Generation and Efficacy of Two Chimeric Viruses Derived from GPE Vaccine Strain as Classical Swine Fever Vaccine Candidates.

A previous study proved that vGPE mainly maintains the properties of classical swine fever (CSF) virus, which is comparable to the GPE vaccine seed and is a potentially valuable backbone for developing a CSF marker vaccine. Chimeric viruses were constructed based on an infectious cDNA clone derived from the live attenuated GPE vaccine strain as novel CSF vaccine candidates that potentially meet the concept of differentiating infected from vaccinated animals (DIVA) by substituting the glycoprotein E of the GPE vaccine strain with the corresponding region of non-CSF pestiviruses, either pronghorn antelope pestivirus (PAPeV) or Phocoena pestivirus (PhoPeV). High viral growth and genetic stability after serial passages of the chimeric viruses, namely vGPE/PAPeV E and vGPE/PhoPeV E, were confirmed in vitro.
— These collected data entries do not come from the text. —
-- ===== src/CookieManager.antt =====
-- CookieManager of cookie.cpp: the cookies by name, the values of a client, and the callbacks that
-- give a cookie its id. A pointer is an address of the heap in `State`.
pub mod Create
pub mod Values
use clientprefs_redis.Base.{
  ℕ, zero, List, [], ◌∷◌, ◌++◌, Option, none, some, Bool, true, false, ltb, ℤ, pos, lt_ℤ,
  if◌then◌else◌,
}
use clientprefs_redis.Base.Fault.{◌>>=◌, ◌>>◌, pure, gets, modify, update}
use clientprefs_redis.Text.{Text, clip}
use clientprefs_redis.Sdk.{Sdk, Server}
use clientprefs_redis.State.{
  Cookie, CookieData, CookieAccess, QueryOp, World, Main, insert_cookie, select_id, cookie_op,
  new_cookie, new_cookie_data, max_name_length, max_desc_length, max_value_length, load_cookie,
  load_data, store_cookie, store_data, alloc_cookie, alloc_data, append_data, add_query_to_queue,
  check_client,
}

module _ ⦃sdk : Sdk⦄ where
  unfoldable pub find_cookie : Text → Main (Option ℕ)
  find_cookie name = gets (λ s. sdk.retrieve s.finder name)

  -- The cookie exists: its description and access become the given ones.
  update_cookie : ℕ → Text → CookieAccess → Main ℕ
  update_cookie p description access = do
    k ← load_cookie p
    store_cookie p
        (record k { description = clip max_desc_length (some description); access = access })
    pure p

  -- A cookie of this name is made, queued for its id, and entered under the name that was asked for.
  fresh_cookie : Text → Text → CookieAccess → Main ℕ
  unfolding new_cookie
  fresh_cookie name description access = do
    let k = new_cookie (some name) (some description) access
    p ← alloc_cookie k
    let op = cookie_op insert_cookie p
    modify (λ s. record s {
      finder = record { key = name; name = k.name; cookie = p } ∷ s.finder;
      cookie_list = s.cookie_list ++ p ∷ [];
    })
    add_query_to_queue (record op { params = record op.params { cookie = some p } })
    pure p

  or_fresh : Option ℕ → Text → Text → CookieAccess → Main ℕ
  unfolding update_cookie fresh_cookie
  or_fresh none name description access = fresh_cookie name description access
  or_fresh (some p) name description access = update_cookie p description access

  unfoldable pub create_cookie : Text → Text → CookieAccess → Main ℕ
  unfolding find_cookie or_fresh
  create_cookie name description access = do
    found ← find_cookie name
    or_fresh found name description access

  -- pCookie->data[client]
  abbrev pub slot : ℕ → ℕ → Main (Option ℕ)
  slot p client = do k ← load_cookie p; check_client client; pure (k.data_at client)

  -- pCookie->data[client] = data
  abbrev pub set_slot : ℕ → ℕ → Option ℕ → Main Unit
  set_slot p client d = do
    k ← load_cookie p
    check_client client
    store_cookie p (record k { data_at = update k.data_at client d })

  -- A new object for this client and this cookie: constructed, appended and linked.
  attach_data : ℕ → ℕ → Option Text → Main ℕ
  unfolding new_cookie_data
  attach_data p client value = do
    let x = new_cookie_data value
    d ← alloc_data (record x { parent = some p })
    append_data client d
    set_slot p client (some d)
    pure d

  value_at : Option ℕ → ℕ → ℕ → Main ℕ
  unfolding attach_data
  value_at (some d) p client = pure d
  value_at none p client = do
    d ← attach_data p client (some [])
    x ← load_data d
    store_data d (record x { changed = false; timestamp = 0 })
    pure d

  -- The result is the address of the data, whose `value` the caller reads.
  unfoldable pub get_cookie_value : ℕ → ℕ → Main ℕ
  unfolding value_at
  get_cookie_value p client = do d ← slot p client; value_at d p client

  put_value : Option ℕ → ℕ → ℕ → Text → Main ℕ
  unfolding attach_data
  put_value none p client value = attach_data p client (some value)
  put_value (some d) p client value = do
    x ← load_data d
    store_data d (record x { value = clip max_value_length (some value) })
    pure d

  unfoldable pub set_cookie_value : Server → ℕ → ℕ → Text → Main Bool
  unfolding put_value
  set_cookie_value server p client value = do
    d ← slot p client
    d' ← put_value d p client value
    x ← load_data d'
    store_data d' (record x { changed = true; timestamp = server.time })
    pure true

  time_at : Option ℕ → Main (Option ℕ)
  time_at none = pure none
  time_at (some d) = do x ← load_data d; pure (some x.timestamp)

  -- `none` is the result false.
  unfoldable pub get_cookie_time : ℕ → ℕ → Main (Option ℕ)
  unfolding time_at
  get_cookie_time p client = do d ← slot p client; time_at d

  unfoldable pub are_client_cookies_cached : ℕ → Main Bool
  are_client_cookies_cached client = do check_client client; gets (λ s. s.stats_loaded client)

  unfoldable pub are_client_cookies_pending : ℕ → Main Bool
  are_client_cookies_pending client = do check_client client; gets (λ s. s.stats_pending client)

unfoldable pub select_id_callback : ℕ → ℤ → Main Unit
select_id_callback p id = do k ← load_cookie p; store_cookie p (record k { dbid = id })

-- The cookie name goes where the Steam id goes in other queries.
ask_id : ℕ → Main Unit
ask_id p = do
  k ← load_cookie p
  let op = cookie_op select_id p
  add_query_to_queue
      (record op { params = record op.params { steam_id = clip max_name_length (some k.name) } })

unfoldable pub insert_cookie_callback : ℕ → ℤ → Main Unit
unfolding ask_id select_id_callback
insert_cookie_callback p id = if lt_ℤ (pos 0) id then select_id_callback p id else ask_id p
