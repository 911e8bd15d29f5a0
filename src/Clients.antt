-- ===== src/Clients.antt =====
-- How the extension comes to know of its clients: OnClientAuthorized of cookie.cpp, and
-- CatchLateLoadClients and AttemptReconnection of extension.cpp, which call it and are called by it.
pub mod Missed
pub mod Late
use clientprefs_redis.Base.{
  ℕ, zero, suc, [], ◌∷◌, Option, none, some, Bool, true, false, ◌||◌, if◌then◌else◌,
}
use clientprefs_redis.Base.Fault.{◌>>=◌, ◌>>◌, pure, fault, modify, update}
use clientprefs_redis.Text.{Text, clip}
use clientprefs_redis.Sdk.{Sdk, Server, GamePlayer}
use clientprefs_redis.State.{
  QueryOp, World, Main, select_data, serial_op, max_name_length, add_query_to_queue, check_client,
}
use clientprefs_redis.CookieManager.{are_client_cookies_pending, are_client_cookies_cached}

-- For legacy reasons the Steam2 id, if there is one.
unfoldable pub get_player_compat_auth_id : GamePlayer → Option Text
get_player_compat_auth_id player = elim player.steam2 [
  | none ↦ player.auth_string
  | some id ↦ some id
]

-- The query that asks for the values of a player.
abbrev pub select_op : GamePlayer → QueryOp
select_op player =
    let op = serial_op select_data player.serial in
    record op {
      params = record op.params {
        steam_id = clip max_name_length (get_player_compat_auth_id player);
      };
    }

module _ ⦃sdk : Sdk⦄ where
  -- OnClientAuthorized after its guard, with the call of AttemptReconnection that it makes.
  admit : Main Unit → ℕ → GamePlayer → Main Unit
  admit attempt_reconnection client player = do
    check_client client
    modify (λ w. record w {
      connected = update w.connected client true;
      stats_pending = update w.stats_pending client true;
    })
    attempt_reconnection
    add_query_to_queue (select_op player)

  guarded : (GamePlayer → Main Unit) → Option GamePlayer → Main Unit
  guarded act none = pure tt
  guarded act (some player) = if player.fake then pure tt else act player

  if_authorized : Main Unit → Option GamePlayer → Main Unit
  if_authorized act none = pure tt
  if_authorized act (some player) = if player.authorized then act else pure tt

  -- One round of the loop of CatchLateLoadClients.
  unfoldable pub late_round : (ℕ → Main Unit) → Server → ℕ → Main Unit
  unfolding if_authorized are_client_cookies_pending are_client_cookies_cached
  late_round authorize server i = do
    pending ← are_client_cookies_pending i
    cached ← are_client_cookies_cached i
    if pending || cached then pure tt else if_authorized (authorize i) (server.player i)

  -- The rounds from `i` down to 1.
  unfoldable pub late_rounds : (ℕ → Main Unit) → Server → ℕ → Main Unit
  late_rounds authorize server zero = pure tt
  late_rounds authorize server (suc i) = do
    late_round authorize server (suc i)
    late_rounds authorize server i

  -- OnClientAuthorized with at most `depth` calls of it inside one another.
  unfoldable pub authorized : ℕ → Server → ℕ → Main Unit
  unfolding guarded admit
  authorized zero server client = fault
  authorized (suc depth) server client =
      guarded (admit (late_rounds (authorized depth server) server server.max_clients) client)
        (server.player client)

  -- Each call inside another takes a client that is not pending yet, so the depth is enough.
  unfoldable pub attempt_reconnection : Server → Main Unit
  attempt_reconnection server =
      late_rounds (authorized (suc server.max_clients) server) server server.max_clients

  unfoldable pub on_core_map_start : Server → Main Unit
  on_core_map_start server = attempt_reconnection server

  -- The last step of SDK_OnLoad: the players who were there before the extension.
  unfoldable pub catch_late : Bool → Server → Main Unit
  catch_late late server = if late then attempt_reconnection server else pure tt

  unfoldable pub on_client_authorized : Server → ℕ → Main Unit
  on_client_authorized server client = authorized (suc (suc server.max_clients)) server client
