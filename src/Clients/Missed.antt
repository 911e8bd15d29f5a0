-- ===== src/Clients/Missed.antt =====
-- Which clients are missed, and what it means that they are caught: an independent description of
-- CatchLateLoadClients of extension.cpp.
use clientprefs_redis.Base.{
  ℕ, zero, suc, ◌≤◌, ◌<◌, ◌≡◌, refl, sym, ◌≢◌, ap, ◌∙◌, inl, inr, List, [], ◌∷◌, ◌++◌, Option, none,
  some, Bool, true, false, ◌&&◌, ◌||◌, not, arith, leb, ◌==◌, if◌then◌else◌, append-nil,
  append_assoc, Bool-cases, ==_iff,
}
use clientprefs_redis.Base.Fault.{update}
use native.Mathlib.Decide.{dec_lt}
use clientprefs_redis.Sdk.{Server, GamePlayer}
use clientprefs_redis.State.{QueryOp, World}
use clientprefs_redis.Clients.{select_op}

-- A player that the extension is to ask for: authorized and no bot.
abbrev pub is_wanted : Option GamePlayer → Bool
is_wanted none = false
is_wanted (some player) = player.authorized && not player.fake

abbrev pub is_human : Option GamePlayer → Bool
is_human none = false
is_human (some player) = not player.fake

abbrev pub is_missed : Server → World → ℕ → Bool
is_missed server w i = not (w.stats_pending i || w.stats_loaded i) && is_wanted (server.player i)

abbrev pub select_of : Option GamePlayer → List QueryOp
select_of none = []
select_of (some player) = select_op player ∷ []

-- The queries for the missed clients from 1 to `n`, in their order.
abbrev pub missed_ops : Server → World → ℕ → List QueryOp
missed_ops server w zero = []
missed_ops server w (suc n) =
    missed_ops server w n
    ++ (if is_missed server w (suc n) then select_of (server.player (suc n)) else [])

abbrev pub is_caught : Server → World → ℕ → ℕ → Bool
is_caught server w n i = leb 1 i && leb i n && is_missed server w i

-- `v` is `w` after the missed clients from 1 to `n` are connected and pending, and asked for.
pub record Caught (server : Server) (n : ℕ) (w v : World) : Type 0 where
  pub pending : (i : ℕ) → v.stats_pending i ≡ (w.stats_pending i || is_caught server w n i)
  pub connected : (i : ℕ) → v.connected i ≡ (w.connected i || is_caught server w n i)
  pub queued : v.query_queue ≡ w.query_queue ++ missed_ops server w n
  pub rest : v ≡ record w {
    connected = v.connected;
    stats_pending = v.stats_pending;
    query_queue = v.query_queue;
  }

-- The world with the client connected and pending.
unfoldable pub marked : World → ℕ → World
marked w i = record w {
  connected = update w.connected i true;
  stats_pending = update w.stats_pending i true;
}

-- No client above `k` is missed.
abbrev pub NoneAbove : Server → ℕ → World → Type 0
NoneAbove server k w = (i : ℕ) → k < i → i ≤ server.max_clients → is_missed server w i ≡ false

module _ (server : Server) where
  -- What is caught is not missed any more.
  Caught-not_missed :
      (n : ℕ) (w v : World) (i : ℕ)
      → Caught server n w v
      → 0 < i
      → i ≤ n
      → is_missed server v i ≡ false
  Caught-not_missed n w v i c h k =
      ground (arith, c.pending i, ap (λ (u : World). u.stats_loaded i) c.rest)

  missed_ops-marked :
      (w : World) (i n : ℕ) → n < i → missed_ops server (marked w i) n ≡ missed_ops server w n
  unfolding marked
  missed_ops-marked w i zero h = refl
  missed_ops-marked w i (suc n) h = ground (arith, missed_ops-marked w i n)

  is_missed-marked_ne :
      (w : World) (i j : ℕ) → i ≢ j → is_missed server (marked w i) j ≡ is_missed server w j
  unfolding marked
  is_missed-marked_ne w i j h = ground arith

  is_missed-marked_self : (w : World) (i : ℕ) → is_missed server (marked w i) i ≡ false
  unfolding marked
  is_missed-marked_self w i = ground arith

  is_caught_skip :
      (n : ℕ) (w : World) (i : ℕ)
      → is_missed server w (suc n) ≡ false
      → is_caught server w (suc n) i ≡ is_caught server w n i
  is_caught_skip n w i e = elim (dec_lt n i) [
    | yes above ↦ elim (Bool-cases (i == suc n)) [
      | inl here ↦ rw (ap (is_missed server w) ((==_iff i (suc n)).0 here) ∙ e) (ground arith)
      | inr past ↦ ground arith
    ]
    | no below ↦ ground arith
  ]

  is_caught_take :
      (n : ℕ) (w : World) (i : ℕ) (b : Bool)
      → is_missed server w (suc n) ≡ true
      → (update (λ j. b) (suc n) true i || is_caught server (marked w (suc n)) n i)
        ≡ (b || is_caught server w (suc n) i)
  unfolding marked
  is_caught_take n w i b e = elim (Bool-cases (i == suc n)) [
    | inl here ↦ rw (ap (is_missed server w) ((==_iff i (suc n)).0 here) ∙ e) (ground arith)
    | inr past ↦ ground arith
  ]

  pub Caught-skip :
      (n : ℕ) (w v : World)
      → is_missed server w (suc n) ≡ false
      → Caught server n w v
      → Caught server (suc n) w v
  Caught-skip n w v e c = record {
    pending = λ i. c.pending i ∙ ap (λ b. w.stats_pending i || b) (sym (is_caught_skip n w i e));
    connected = λ i. c.connected i ∙ ap (λ b. w.connected i || b) (sym (is_caught_skip n w i e));
    queued = rw (e, append-nil) c.queued;
    rest = c.rest;
  }

  -- The missed client `suc n` is taken: the others first, then its own query.
  pub Caught-take :
      (n : ℕ) (w v : World)
      → is_missed server w (suc n) ≡ true
      → Caught server n (marked w (suc n)) v
      → Caught server
          (suc n)
          w
          (record v { query_queue = v.query_queue ++ select_of (server.player (suc n)) })
  unfolding marked
  Caught-take n w v e c = record {
    pending = λ i. c.pending i ∙ is_caught_take n w i (w.stats_pending i) e;
    connected = λ i. c.connected i ∙ is_caught_take n w i (w.connected i) e;
    queued =
        rw (e, c.queued, missed_ops-marked w (suc n) n (omega arith))
          (append_assoc w.query_queue (missed_ops server w n) (select_of (server.player (suc n))));
    rest = ground (arith, c.rest);
  }

  pub not_missed_below :
      (k : ℕ) (w : World)
      → is_missed server w (suc k) ≡ false
      → NoneAbove server (suc k) w
      → NoneAbove server k w
  not_missed_below k w e none_above i h m = elim (dec_lt (suc k) i) [
    | yes above ↦ none_above i above m
    | no here ↦ let same : i ≡ suc k = omega arith in ap (is_missed server w) same ∙ e
  ]

  pub none_marked :
      (k : ℕ) (w : World) → NoneAbove server (suc k) w → NoneAbove server k (marked w (suc k))
  none_marked k w none_above i h m = elim (dec_lt (suc k) i) [
    | yes above ↦ is_missed-marked_ne w (suc k) i (λ e. absurd (omega arith)) ∙ none_above i above m
    | no here ↦
        let same : i ≡ suc k = omega arith in
        ap (is_missed server (marked w (suc k))) same ∙ is_missed-marked_self w (suc k)
  ]

  pub Caught-zero : (w : World) → Caught server zero w w
  Caught-zero w = record {
    pending = λ i. ground arith;
    connected = λ i. ground arith;
    queued = sym (append-nil w.query_queue);
    rest = refl;
  }

  -- What was caught below `k`, with none missed above it, leaves no client missed.
  pub none_left :
      (k : ℕ) (w v : World) → Caught server k w v → NoneAbove server k w → NoneAbove server zero v
  none_left k w v c none_above i h m = elim (dec_lt k i) [
    | yes above ↦
        ground
          (arith, none_above i above m, c.pending i, ap (λ (u : World). u.stats_loaded i) c.rest)
    | no below ↦ Caught-not_missed k w v i c h (omega arith)
  ]

  pub NoneAbove-all : (w : World) → NoneAbove server server.max_clients w
  NoneAbove-all w i h m = absurd (omega arith)
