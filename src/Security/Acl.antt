-- ===== src/Security/Acl.antt =====
-- security.py: `AclPolicy` and `build_acl_policy`.
pub mod Groups
pub mod Destinations
pub mod Rules
pub mod Egress
use derico_sandbox.Config.Firewall.{FirewallEntry}
use derico_sandbox.Config.Project.{ProjectConfig, guest_ports, instance_name}
use derico_sandbox.Errors.{
  Result, err, is_handled, ok, open_network_blocked, security_error, ◌>>=◌, ◌>>◌,
}
use derico_sandbox.Host.{Host}
use derico_sandbox.Platform.{Platform}
use derico_sandbox.Prelude.{
  Bool, List, Option, String, [], false, if◌then◌else◌, insert, ltb, map, nat_Eq, nat_eq, string_Eq,
  true, ℕ, ◌&&◌, ◌++◌, ◌<>◌, ◌==◌, ◌∷◌,
}
use derico_sandbox.Prelude.Decimal.{show}
use derico_sandbox.Prelude.Dict.{Dict, put}
use derico_sandbox.Prelude.Sort.{sorted}
use derico_sandbox.Prelude.Text.{join, str_le, or_none}
use derico_sandbox.Security.Endpoints.{EndpointsFile, default_endpoints, host_endpoints}
use derico_sandbox.Security.Hosts.{Lookup, resolve_host, validate_all}

-- One item of `grouped`: the addresses that are open at these ports.
pub record Group : Type 0 where
  pub protocol : String
  pub ports : List ℕ
  pub addresses : List String

-- A rule of the document; every rule is `allow` and `enabled`.
pub data Rule : Type 0 where
  allow_all : Rule
  -- destination, protocol and destination port
  allow_egress : String → String → String → Rule
  -- destination port, and the source where it is known
  allow_ingress : String → Option String → Rule

pub record AclPolicy : Type 0 where
  pub description : String
  pub ingress : List Rule
  pub egress : List Rule
  pub resolutions : Dict String (List String)
  pub unresolved_defaults : List String

-- The locals of the two loops.
pub record Gathered : Type 0 where
  pub grouped : List Group
  pub resolutions : Dict String (List String)
  pub unresolved : List String

abbrev pub nothing_gathered : Gathered
nothing_gathered = record { grouped = []; resolutions = []; unresolved = [] }

unfoldable pub ports_eq : List ℕ → List ℕ → Bool
ports_eq [] [] = true
ports_eq [] (q ∷ qs) = false
ports_eq (p ∷ ps) [] = false
ports_eq (p ∷ ps) (q ∷ qs) = nat_eq p q && ports_eq ps qs

-- `s.update(xs)` of a set
unfoldable pub update : List String → List String → List String
update s [] = s
update s (x ∷ xs) = update (insert x s) xs

-- `grouped[(protocol, ports)].update(addresses)`
unfoldable pub add_group : String → List ℕ → List String → List Group → List Group
add_group protocol ports addresses [] =
    record { protocol = protocol; ports = ports; addresses = update [] addresses } ∷ []
add_group protocol ports addresses (g ∷ gs) =
    let rest = add_group protocol ports addresses gs in
    if g.protocol == protocol && ports_eq g.ports ports
    then record g { addresses = update g.addresses addresses } ∷ gs
    else g ∷ rest

-- `resolutions[entry.host] = addresses` and the update of the group
unfoldable pub add_entry : FirewallEntry → List String → Gathered → Gathered
add_entry entry addresses s = record s {
  grouped = add_group entry.protocol entry.ports addresses s.grouped;
  resolutions = put s.resolutions entry.host addresses;
}

module _ (platform : Platform) (getaddrinfo : String → Lookup) where
  -- The end of both loops' bodies.
  unfoldable pub open_entry : FirewallEntry → List String → Gathered → Result Gathered
  open_entry entry addresses s = do
    validate_all platform entry.allow_private entry.host addresses
    ok (add_entry entry addresses s)

  -- The loop over the built-in and host-wide endpoints: one that does not resolve is left out.
  unfoldable pub gather_trusted : List FirewallEntry → Gathered → Result Gathered
  gather_trusted [] s = ok s
  gather_trusted (entry ∷ rest) s = elim (resolve_host platform getaddrinfo entry.host) [
    | ok addresses ↦ do s' ← open_entry entry addresses s; gather_trusted rest s'
    | err e ↦
        if is_handled e
        then gather_trusted rest (record s { unresolved = s.unresolved ++ entry.host ∷ [] })
        else err e
  ]

  -- The loop over the endpoints of the project.
  unfoldable pub gather_project : List FirewallEntry → Gathered → Result Gathered
  gather_project [] s = ok s
  gather_project (entry ∷ rest) s = do
    addresses ← resolve_host platform getaddrinfo entry.host
    s' ← open_entry entry addresses s
    gather_project rest s'

-- The order of tuples of ports, and of the keys of `grouped`.
unfoldable pub ports_le : List ℕ → List ℕ → Bool
ports_le [] qs = true
ports_le (p ∷ ps) [] = false
ports_le (p ∷ ps) (q ∷ qs) = let rest = ports_le ps qs in if nat_eq p q then rest else ltb p q

unfoldable pub group_le : Group → Group → Bool
group_le g h =
    if g.protocol == h.protocol then ports_le g.ports h.ports else str_le g.protocol h.protocol

unfoldable pub egress_rule : Group → Rule
egress_rule g =
    allow_egress (join "," (sorted str_le g.addresses)) g.protocol (join "," (map show g.ports))

unfoldable pub ingress_rules : List ℕ → Option String → List Rule
ingress_rules [] gateway = []
ingress_rules (p ∷ ps) gateway = allow_ingress (join "," (map show (p ∷ ps))) (or_none gateway) ∷ []

unfoldable pub closed_policy :
    Platform → ProjectConfig → Option String → Gathered → Result AclPolicy
closed_policy platform config gateway s = do
  name ← instance_name platform config
  ok (record {
    description = "Managed by sandboxsh for " <> name;
    ingress = ingress_rules (guest_ports config) gateway;
    egress = map egress_rule (sorted group_le s.grouped);
    resolutions = s.resolutions;
    unresolved_defaults = s.unresolved;
  })

unfoldable pub open_policy : ProjectConfig → AclPolicy
open_policy config = record {
  description = "sandboxsh open-network policy for " <> config.name;
  ingress = [];
  egress = allow_all ∷ [];
  resolutions = [];
  unresolved_defaults = [];
}

unfoldable pub build_acl_policy :
    Platform
    → Host
    → (String → Lookup)
    → EndpointsFile
    → ProjectConfig
    → Option String
    → Result AclPolicy
build_acl_policy platform host getaddrinfo file config gateway =
    let closed = do
      extra ← host_endpoints platform file
      trusted ← gather_trusted platform getaddrinfo (default_endpoints ++ extra) nothing_gathered
      all_ ← gather_project platform getaddrinfo config.firewall_allow trusted
      closed_policy platform config gateway all_
    in if config.firewall_enabled
      then closed
      else if host.allow_open_network
      then ok (open_policy config)
      else err (security_error open_network_blocked)
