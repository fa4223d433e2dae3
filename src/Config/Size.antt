-- ===== src/Config/Size.antt =====
-- config.py: `_SIZE_RE` and `parse_size`.
pub mod Bytes
use Prim.Native.Char.{Char, code}
use derico_sandbox.Prelude.{
  ℕ, ◌+◌, ◌*◌, ◌^◌, String, Bool, true, false, ◌&&◌, ◌||◌, Option, none, some, contains, nat_Eq,
  nat_eq, leb, [], ◌∷◌, if◌then◌else◌,
}
use derico_sandbox.Prelude.Decimal.{is_digit, digit_value}
use derico_sandbox.Errors.{Result, ok, err, config_error, invalid_size}

-- `[1-9]`
abbrev is_first_digit : Char → Bool
is_first_digit c = leb b'1' (code c) && leb (code c) b'9'

-- The value of the digits in front, and the text behind them.
unfoldable pub scan_digits : ℕ → String → ℕ × String
scan_digits acc String.[] = (acc, String.[])
scan_digits acc (String.◌∷◌ c s) =
    let more = scan_digits (acc * 10 + digit_value c) s in
    if is_digit c then more else (acc, String.◌∷◌ c s)

-- `"kmgtpe".index(unit.lower()) + 1`
unfoldable pub unit_exponent : Char → Option ℕ
unit_exponent c =
    let n = code c in
    if nat_eq n b'k' || nat_eq n b'K'
    then some 1
    else if nat_eq n b'm' || nat_eq n b'M'
    then some 2
    else if nat_eq n b'g' || nat_eq n b'G'
    then some 3
    else if nat_eq n b't' || nat_eq n b'T'
    then some 4
    else if nat_eq n b'p' || nat_eq n b'P'
    then some 5
    else if nat_eq n b'e' || nat_eq n b'E'
    then some 6
    else none

-- `([KMGTPEkmgtpe]?)` and what follows it
unfoldable pub scan_unit : String → ℕ × String
scan_unit String.[] = (0, String.[])
scan_unit (String.◌∷◌ c s) = elim (unit_exponent c) [ none ↦ (0, String.◌∷◌ c s) | some k ↦ (k, s) ]

-- `(x?)` for one character, and what follows it
unfoldable pub scan_char : ℕ → String → Bool × String
scan_char x String.[] = (false, String.[])
scan_char x (String.◌∷◌ c s) = if nat_eq (code c) x then (true, s) else (false, String.◌∷◌ c s)

abbrev pub at_end : String → Bool
at_end String.[] = true
at_end (String.◌∷◌ c s) = false

-- `base**exponent`, or `none` where `(i?)(B?)` does not reach the end of the text
unfoldable pub scale_from : ℕ → String → Option ℕ
scale_from exponent s =
    let (binary, rest) = scan_char b'i' s in
    let (_, rest') = scan_char b'B' rest in
    if at_end rest' then some ((if binary then 1024 else 1000) ^ exponent) else none

unfoldable pub scale : String → Option ℕ
scale s = let (exponent, rest) = scan_unit s in scale_from exponent rest

unfoldable pub parse_size : String → Result ℕ
parse_size String.[] = err (config_error (invalid_size ""))
parse_size (String.◌∷◌ c s) =
    let value = String.◌∷◌ c s in
    let (number, rest) = scan_digits (digit_value c) s in
    if is_first_digit c
    then elim (scale rest) [
      | none ↦ err (config_error (invalid_size value))
      | some factor ↦ ok (number * factor)
    ]
    else err (config_error (invalid_size value))

-- `$`: the end of the text, or a newline that ends it
abbrev pub at_dollar : String → Bool
at_dollar String.[] = true
at_dollar (String.◌∷◌ c String.[]) = nat_eq (code c) 10
at_dollar (String.◌∷◌ c (String.◌∷◌ d s)) = false

-- `[KMGTPE]`, and `[kmgtpe]`
unfoldable pub is_upper_unit : Char → Bool
is_upper_unit c = contains (b'K' ∷ b'M' ∷ b'G' ∷ b'T' ∷ b'P' ∷ b'E' ∷ []) (code c)

unfoldable pub is_small_unit : Char → Bool
is_small_unit c = contains (b'k' ∷ b'm' ∷ b'g' ∷ b't' ∷ b'p' ∷ b'e' ∷ []) (code c)

-- `(?:[KMGTPE]i?B?|[kmgtpe])?$`
unfoldable pub size_suffix : String → Bool
size_suffix String.[] = true
size_suffix (String.◌∷◌ c s) =
    if is_upper_unit c
    then at_dollar (scan_char b'B' (scan_char b'i' s).1).1
    else if is_small_unit c
    then at_dollar s
    else at_dollar (String.◌∷◌ c s)

-- `_SIZE_RE.match(value)`
unfoldable pub is_size : String → Bool
is_size String.[] = false
is_size (String.◌∷◌ c s) = is_first_digit c && size_suffix (scan_digits (digit_value c) s).1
In vivo investigation revealed that two chimeric viruses had comparable immunogenicity and safety profiles to the vGPE vaccine strain. Vaccination at a dose of 10 TCID with either vGPE/PAPeV E or vGPE/PhoPeV E conferred complete protection for pigs against the CSF virus challenge in the early stage of immunization. In conclusion, the characteristics of vGPE/PAPeV E and vGPE/PhoPeV E affirmed their properties, as the vGPE vaccine strain, positioning them as ideal candidates for future development of a CSF marker vaccine.